Woah. What the fuck. This play is incredible. It’s the coolest small-scale play I have seen in years, the coolest one-man show I have ever seen, and very much not for the faint-hearted / bashful / easily offended.
I had an inkling that Mark Wilson – the writer and performer of this show, from the much-lauded Melbourne MKA theatre of new writing collective – would use someone in the audience during the play, so when he started eyeing up the crowd, looking for his husband, I tried to carefully and non-offensively to avoid eye contact (because I’m a reviewer, right). It didn’t work, and I ended up on-stage as the husband of a pampered Oscar-winning actress, gorgeously played by the bearded, glamorous Mark.
Though the transition from audience member to part-performer was a shock – I still felt very much like I was watching it unfold, even seated on a couch on the stage, because the character I was now alongside was such a steam-roller of energy and narcissism that I fortunately wasn’t required to say or do much as he sang Beyoncé’s ‘Irreplaceable’ at me and forced me off-stage.

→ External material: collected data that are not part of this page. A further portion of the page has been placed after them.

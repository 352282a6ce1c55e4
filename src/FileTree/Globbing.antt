-- ===== src/FileTree/Globbing.antt =====
-- pkg/filetree/glob.go, the file system that the package doublestar searches, and `FilesByGlob` of
-- pkg/filetree/filetree.go, over the search of that package as an argument.
use Prim.Native.Nat.{bit_or}
use stereoscope.Errors.{Result, ok, err, ◌>>=◌, not_exist, no_glob}
use stereoscope.File.Kinds.{directory, sym_link, hard_link, type_eq, mode_dir, mode_symlink}
use stereoscope.File.Paths
use stereoscope.File.Paths.{FilePath, basename}
use stereoscope.File.Refs.{Resolution, new_resolution, resolution_less}
use stereoscope.File.Sets
use stereoscope.File.Sets.{IdSet}
use stereoscope.FileTree.Edit.{ancestors_only, all_links}
use stereoscope.FileTree.Lookup.{node_access}
use stereoscope.FileTree.Nodes.{
  FileNode, file_node_as_node, file_node_id, NodeAccess, access, leaf_links, new_resolutions,
  LinkResolutionOption, follow_ancestor_links, follow_basename_links,
  do_not_follow_dead_basename_links,
}
use stereoscope.Go.Paths.{join_path, base, is_abs}
use stereoscope.Go.Sort.{sort}
use stereoscope.Go.Strings.{slash}
use stereoscope.Tree
use stereoscope.Tree.{Tree}
use stereoscope.Prelude.{
  ℕ, zero, suc, ◌-◌, ◌^◌, List, [], ◌∷◌, ◌++◌, Option, none, some, Bool, true, false, ◌||◌, Str,
  codes, byte_string_eq, length, ltb, ◌==◌, if◌then◌else◌,
}

-- `fileinfoAdapter`
pub record FileInfo : Type 0 where
  pub virtual_path : FilePath
  pub info_node : FileNode

-- `Name`
unfoldable pub info_name : FileInfo → Str
info_name i = basename i.virtual_path

-- `IsDir`
unfoldable pub info_is_dir : FileInfo → Bool
info_is_dir i = type_eq i.info_node.file_type directory

-- `Mode`: 0o755, with the bits for directories and for links.
unfoldable pub info_mode : FileInfo → ℕ
unfolding info_is_dir
info_mode i =
    let plain : ℕ = 493 in
    let with_dir = if info_is_dir i then bit_or plain (2 ^ mode_dir) else plain in
    if type_eq i.info_node.file_type sym_link || type_eq i.info_node.file_type hard_link
    then bit_or with_dir (2 ^ mode_symlink)
    else with_dir

-- The set of the nodes that the paths lead to.
unfoldable pub nodes_on : Tree FileNode → List FilePath → IdSet FilePath → Result (IdSet FilePath)
nodes_on t [] s = ok s
nodes_on t (p ∷ ps) s = do
  a ← node_access t p all_links
  nodes_on t ps (elim a [
    | none ↦ s
    | some (access q none links) ↦ s
    | some (access q (some n) links) ↦ Sets.add (file_node_id n ∷ []) s
  ])

-- `isInPathResolutionLoop`
unfoldable pub in_resolution_loop : Str → Tree FileNode → Result Bool
in_resolution_loop p t = do
  s ← nodes_on t (Paths.all_paths p) []
  ok (ltb 1 (length (Paths.all_paths p) - Sets.size s))

-- The information on the node that was found, under the name that was asked for.
unfoldable pub info_of : Str → Option NodeAccess → Result FileInfo
info_of name none = err not_exist
info_of name (some (access q none links)) = err not_exist
info_of name (some (access q (some n) links)) = ok (record { virtual_path = name; info_node = n })

-- `Lstat`
unfoldable pub lstat : Tree FileNode → Str → Result FileInfo
lstat t name = node_access t name ancestors_only >>= info_of name

-- `Stat`, by whether dead links at the basename are left alone.
unfoldable pub stat : Tree FileNode → Bool → Str → Result FileInfo
stat t no_dead name =
    node_access t name
      (record { ancestor_links = true; basename_links = true; no_dead_basename_links = no_dead })
    >>= info_of name

-- The children that `Lstat` finds, at most as many as the limit, if there is one.
unfoldable pub entries_at : Tree FileNode → Str → Option ℕ → List FileNode → List FileInfo
entries_at t name limit [] = []
entries_at t name (some zero) (c ∷ cs) = []
entries_at t name (some (suc k)) (c ∷ cs) =
    let rest = entries_at t name (some k) cs in
    elim (lstat t (join_path name (base (file_node_id c)))) [ err e ↦ rest | ok i ↦ i ∷ rest ]
entries_at t name none (c ∷ cs) =
    let rest = entries_at t name none cs in
    elim (lstat t (join_path name (base (file_node_id c)))) [ err e ↦ rest | ok i ↦ i ∷ rest ]

unfoldable pub read_entries :
    Tree FileNode → Str → Option ℕ → Option NodeAccess → Result (List FileInfo)
read_entries t name limit none = ok []
read_entries t name limit (some (access q none links)) = ok []
read_entries t name limit (some (access q (some n) links)) = in_resolution_loop name t >>= λ looped.
    ok (if looped then [] else entries_at t name limit (Tree.child_nodes n t))

-- `ReadDir` of `fileAdapter`; a negative count is no limit.
unfoldable pub read_dir_of_file : Tree FileNode → Str → Option ℕ → Result (List FileInfo)
read_dir_of_file t name limit = node_access t name all_links >>= read_entries t name limit

-- `ReadDir` of `osAdapter`
unfoldable pub read_dir : Tree FileNode → Str → Result (List FileInfo)
read_dir t name = node_access t name all_links >>= read_entries t name none

-- What doublestar sees of a file tree.
pub record GlobFs : Type 0 where
  pub stat_file : Str → Result FileInfo
  pub list_dir : Str → Result (List FileInfo)
  pub list_open_file : Str → Option ℕ → Result (List FileInfo)

-- `osAdapter`
unfoldable pub os_adapter : Tree FileNode → Bool → GlobFs
os_adapter t no_dead = record {
  stat_file = stat t no_dead;
  list_dir = read_dir t;
  list_open_file = read_dir_of_file t;
}

-- A query from the root.
unfoldable pub rooted : Str → Str
rooted [] = []
rooted (c ∷ q) = if c == slash then c ∷ q else slash ∷ (c ∷ q)

is_no_dead : LinkResolutionOption → Bool
is_no_dead follow_ancestor_links = false
is_no_dead follow_basename_links = false
is_no_dead do_not_follow_dead_basename_links = true

unfoldable pub leaves_dead : List LinkResolutionOption → Bool
unfolding is_no_dead
leaves_dead [] = false
leaves_dead (o ∷ os) = is_no_dead o || leaves_dead os

-- The resolution of a match: of a file that is no directory.
unfoldable pub match_resolution : FilePath → Option NodeAccess → List Resolution
match_resolution p none = []
match_resolution p (some (access q none links)) = []
match_resolution p (some (access q (some n) links)) =
    if type_eq n.file_type directory
    then []
    else new_resolution p n.reference (new_resolutions (leaf_links (access q (some n) links))) ∷ []

unfoldable pub absolute : Str → FilePath
absolute p = if is_abs p then p else join_path (codes "/") p

-- The loop over the matches.
unfoldable pub resolve_matches : Tree FileNode → Bool → List Str → Result (List Resolution)
resolve_matches t no_dead [] = ok []
resolve_matches t no_dead (p ∷ ps) =
    let rest = resolve_matches t no_dead ps in
    do
      a ← node_access t (absolute p) (record {
        ancestor_links = true;
        basename_links = true;
        no_dead_basename_links = no_dead;
      })
      more ← rest
      ok (match_resolution (absolute p) a ++ more)

module _ (glob : GlobFs → Str → Result (List Str)) where
  -- `FilesByGlob`
  unfoldable pub files_by_glob :
      Str → List LinkResolutionOption → Tree FileNode → Result (List Resolution)
  files_by_glob [] options t = err no_glob
  files_by_glob (c ∷ q) options t = do
    matches ← glob (os_adapter t (leaves_dead options)) (rooted (c ∷ q))
    found ← resolve_matches t (leaves_dead options) matches
    ok (sort resolution_less found)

Unsex Meloosely deals with the thematic concerns of Macbeth; the guilt of Lady Macbeth and the loss of her infant; the disconnect between her and Macbeth, as an ‘unsexed’ couple dealing with the crimes they commit and the losses they’ve endured. Wilson, placing himself between the two in an exploration of the space in-between their two sexes, finds a thoroughly original way of questioning expectations of gender. It’s an excellently-structured, excellently-performed show, with a completelyunsexpectedandtransgressivefinale that I totally implore you to go witness.
I am rarely impressed by shows that rely entirely on one performer, mostly because it’s hard to maintain the audience’s interest for an extended period with the limited range of characters and theatrical dynamics that one person can assume. Mark Wilson’s performance confounds that notion by being hilarious, entertaining, hugely varied both visually and thematically, and extremely compelling as an exploration of gender identity.